_DATA TO EXAMINE_
BEGIN

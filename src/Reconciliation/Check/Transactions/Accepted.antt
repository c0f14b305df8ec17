-- ===== src/Reconciliation/Check/Transactions/Accepted.antt =====
-- Which entries the transaction checks of internal/usecase/reconciliation.go accept.
use go_hermes.Base.{
  Bool, true, false, Option, none, some, List, [], ◌∷◌, ◌++◌, ◌≡◌, ◌≢◌, refl, sym, ap, ◌∙◌, arith,
  not, ◌||◌, ◌⊎◌, ◌↔◌, inl, inr, is_some, true_ne_false,
}
use go_hermes.Base.Int.{eq_ℤ}
use go_hermes.Entity.{Uuid, Transaction, LedgerEntry}
use go_hermes.UuidLib.{UuidLib}
use go_hermes.Reconciliation.Entry.{issue_if}
use go_hermes.Reconciliation.Entry.Laws.{append-empty, issue_if-empty, not-false}
use go_hermes.Reconciliation.Check.Transactions.{
  validate_transfer_transaction, transfer_entry_issues, scanned_issues, same_target, points_to,
  source_debit, destination_credit, Found,
}
use go_hermes.Reconciliation.Check.Transactions.Pair.{
  Debits, Credits, IsPair, scanned, scanned-both, either, debit-found, credit-found, pair-found,
  or-first, or-second, amount-eq, Debits-found, Credits-found,
}

module _ (u : UuidLib) where
  scanned-empty :
      (x : Transaction) (es : List LedgerEntry) (f : Found)
      → scanned_issues u x es f ≡ []
      → (f.bad_amount ≡ false) × (f.debit_found ≡ true) × (f.credit_found ≡ true)
  scanned-empty x es f h =
      let (bad, rest) = append-empty (issue_if f.bad_amount _) _ h in
      let (debit, credit) = append-empty (issue_if (not f.debit_found) _) _ rest in
      (
        issue_if-empty _ _ bad,
        not-false _ (issue_if-empty _ _ debit),
        not-false _ (issue_if-empty _ _ credit),
      )

  entries-pair :
      (x : Transaction) (src dst : Uuid) (e e' : LedgerEntry)
      → x.source_wallet_id ≡ some src
      → x.destination_wallet_id ≡ some dst
      → scanned_issues u x (e ∷ e' ∷ []) (scanned x e e') ≡ []
      → (a : LedgerEntry) × (b : LedgerEntry) × Debits x src a
        × Credits x dst b
        × (((e ∷ e' ∷ []) ≡ a ∷ b ∷ []) ⊎ ((e ∷ e' ∷ []) ≡ b ∷ a ∷ []))
  entries-pair x src dst e e' from to h =
      let (good, debit, credit) = scanned-empty x (e ∷ e' ∷ []) (scanned x e e') h in
      let (first, second, debits, credits) = scanned-both x e e' good in
      pair-found x src dst e e'
        (elim (either (source_debit x e) (source_debit x e') (sym debits ∙ debit)) [
          | inl d ↦ inl (debit-found x src e from first d)
          | inr d ↦ inr (debit-found x src e' from second d)
        ])
        (elim (either (destination_credit x e) (destination_credit x e') (sym credits ∙ credit)) [
          | inl c ↦ inl (credit-found x dst e to first c)
          | inr c ↦ inr (credit-found x dst e' to second c)
        ])

  entries-IsPair :
      (x : Transaction) (src dst : Uuid) (es : List LedgerEntry)
      → x.source_wallet_id ≡ some src
      → x.destination_wallet_id ≡ some dst
      → src ≢ dst
      → transfer_entry_issues u x es ≡ []
      → IsPair x es
  entries-IsPair x src dst [] from to differ h = absurd (ground arith)
  entries-IsPair x src dst (e ∷ []) from to differ h = absurd (ground arith)
  entries-IsPair x src dst (e ∷ e' ∷ []) from to differ h =
      let (a, b, d, c, order) = entries-pair x src dst e e' from to h in
      (src, dst, a, b, from, to, differ, d, c, order)
  entries-IsPair x src dst (e ∷ e' ∷ e'' ∷ es) from to differ h = absurd (ground arith)

  present : (o : Option Uuid) → not (is_some o) ≡ false → (i : Uuid) × (o ≡ some i)
  present none h = absurd (ground arith)
  present (some i) h = (i, refl)

  apart :
      (o p : Option Uuid) (i j : Uuid) → o ≡ some i → p ≡ some j → same_target o p ≡ false → i ≢ j
  apart o p i j e f h same = absurd (ground arith)

  -- For a transfer's entries that pass the check of the transaction: they are two, a debit of the
  -- source wallet and a credit of the destination wallet, of the transaction's amount each, in one
  -- order or the other, and the wallets differ.
  pub validate_transfer_transaction-IsPair :
      (x : Transaction) (es : List LedgerEntry)
      → validate_transfer_transaction u x es ≡ []
      → IsPair x es
  unfolding validate_transfer_transaction
  validate_transfer_transaction-IsPair x es h =
      let (source, rest) = append-empty (issue_if (not (is_some x.source_wallet_id)) _) _ h in
      let (dest, rest) = append-empty (issue_if (not (is_some x.destination_wallet_id)) _) _ rest in
      let (same, entries) =
        append-empty (issue_if (same_target x.source_wallet_id x.destination_wallet_id) _) _ rest in
      let (src, from) = present x.source_wallet_id (issue_if-empty _ _ source) in
      let (dst, to) = present x.destination_wallet_id (issue_if-empty _ _ dest) in
      entries-IsPair x src dst es from to
        (apart x.source_wallet_id x.destination_wallet_id src dst from to (issue_if-empty _ _ same))
        entries

  scanned_issues-none :
      (x : Transaction) (es : List LedgerEntry) (f : Found)
      → f.bad_amount ≡ false
      → f.debit_found ≡ true
      → f.credit_found ≡ true
      → scanned_issues u x es f ≡ []
  scanned_issues-none x es f bad debit credit = ground arith

  entries-accepted :
      (x : Transaction) (e e' : LedgerEntry)
      → eq_ℤ e.amount x.amount ≡ true
      → eq_ℤ e'.amount x.amount ≡ true
      → (source_debit x e || source_debit x e') ≡ true
      → (destination_credit x e || destination_credit x e') ≡ true
      → transfer_entry_issues u x (e ∷ e' ∷ []) ≡ []
  entries-accepted x e e' first second debit credit =
      scanned_issues-none x (e ∷ e' ∷ []) (scanned x e e') (ground arith) (ground arith)
        (ground arith)

  issue_if-none :
      {A : Type 0} (b : Bool) (a : A) (rest : List A)
      → b ≡ false
      → rest ≡ []
      → issue_if b a ++ rest ≡ []
  issue_if-none true a rest e h = absurd (true_ne_false e)
  issue_if-none false a rest e h = h

  wallets-accepted :
      (x : Transaction) (es : List LedgerEntry) (src dst : Uuid)
      → x.source_wallet_id ≡ some src
      → x.destination_wallet_id ≡ some dst
      → src ≢ dst
      → transfer_entry_issues u x es ≡ []
      → validate_transfer_transaction u x es ≡ []
  unfolding validate_transfer_transaction
  wallets-accepted x es src dst from to differ entries =
      issue_if-none (not (is_some x.source_wallet_id)) _ _ (ap (λ o. not (is_some o)) from) (
        issue_if-none (not (is_some x.destination_wallet_id)) _ _ (ap (λ o. not (is_some o)) to) (
          issue_if-none (same_target x.source_wallet_id x.destination_wallet_id) _ _
            (ap (λ o. same_target o x.destination_wallet_id) from
              ∙ (ap (λ o. points_to o src) to ∙ ground arith))
            entries))

  -- Conversely: two entries, a debit of the source wallet and a credit of a different destination
  -- wallet, of the transaction's amount each, in one order or the other, pass the check.
  IsPair-validate_transfer_transaction :
      (x : Transaction) (es : List LedgerEntry)
      → IsPair x es
      → validate_transfer_transaction u x es ≡ []
  IsPair-validate_transfer_transaction x es (src, dst, a, b, from, to, differ, d, c, inl order) =
      wallets-accepted x es src dst from to differ (
        ap (transfer_entry_issues u x) order
        ∙ entries-accepted x a b (amount-eq x a d.2) (amount-eq x b c.2)
            (or-first _ _ (Debits-found x src a from d))
            (or-second _ _ (Credits-found x dst b to c)))
  IsPair-validate_transfer_transaction x es (src, dst, a, b, from, to, differ, d, c, inr order) =
      wallets-accepted x es src dst from to differ (
        ap (transfer_entry_issues u x) order
        ∙ entries-accepted x b a (amount-eq x b c.2) (amount-eq x a d.2)
            (or-second _ _ (Debits-found x src a from d))
            (or-first _ _ (Credits-found x dst b to c)))

  -- A transfer transaction passes the check of its ledger entries exactly when it names two different
  -- wallets and has two entries, in one order or the other: a debit of its source wallet and a credit
  -- of its destination wallet, of its amount each.
  pub validate_transfer_transaction_iff :
      (x : Transaction) (es : List LedgerEntry)
      → (validate_transfer_transaction u x es ≡ []) ↔ IsPair x es
  validate_transfer_transaction_iff x es =
      (validate_transfer_transaction-IsPair x es, IsPair-validate_transfer_transaction x es)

END

_YOUR TASK_
Quote in full each line from the top of the records above through the line with "module _ (u : UuidLib) where"; stop after that line.

_TASK OUTPUT_
filename src/Reconciliation/Check/Transactions/Accepted.antt
repository c0f14b305df8ec17
-- ===== src/Reconciliation/Check/Transactions/Accepted.antt =====
-- Which entries the transaction checks of internal/usecase/reconciliation.go accept.
use go_hermes.Base.{
  Bool, true, false, Option, none, some, List, [], ◌∷◌, ◌++◌, ◌≡◌, ◌≢◌, refl, sym, ap, ◌∙◌, arith,
  not, ◌||◌, ◌⊎◌, ◌↔◌, inl, inr, is_some, true_ne_false,
}
use go_hermes.Base.Int.{eq_ℤ}
use go_hermes.Entity.{Uuid, Transaction, LedgerEntry}
use go_hermes.UuidLib.{UuidLib}
use go_hermes.Reconciliation.Entry.{issue_if}
use go_hermes.Reconciliation.Entry.Laws.{append-empty, issue_if-empty, not-false}
use go_hermes.Reconciliation.Check.Transactions.{
  validate_transfer_transaction, transfer_entry_issues, scanned_issues, same_target, points_to,
  source_debit, destination_credit, Found,
}
use go_hermes.Reconciliation.Check.Transactions.Pair.{
  Debits, Credits, IsPair, scanned, scanned-both, either, debit-found, credit-found, pair-found,
  or-first, or-second, amount-eq, Debits-found, Credits-found,
}

module _ (u : UuidLib) where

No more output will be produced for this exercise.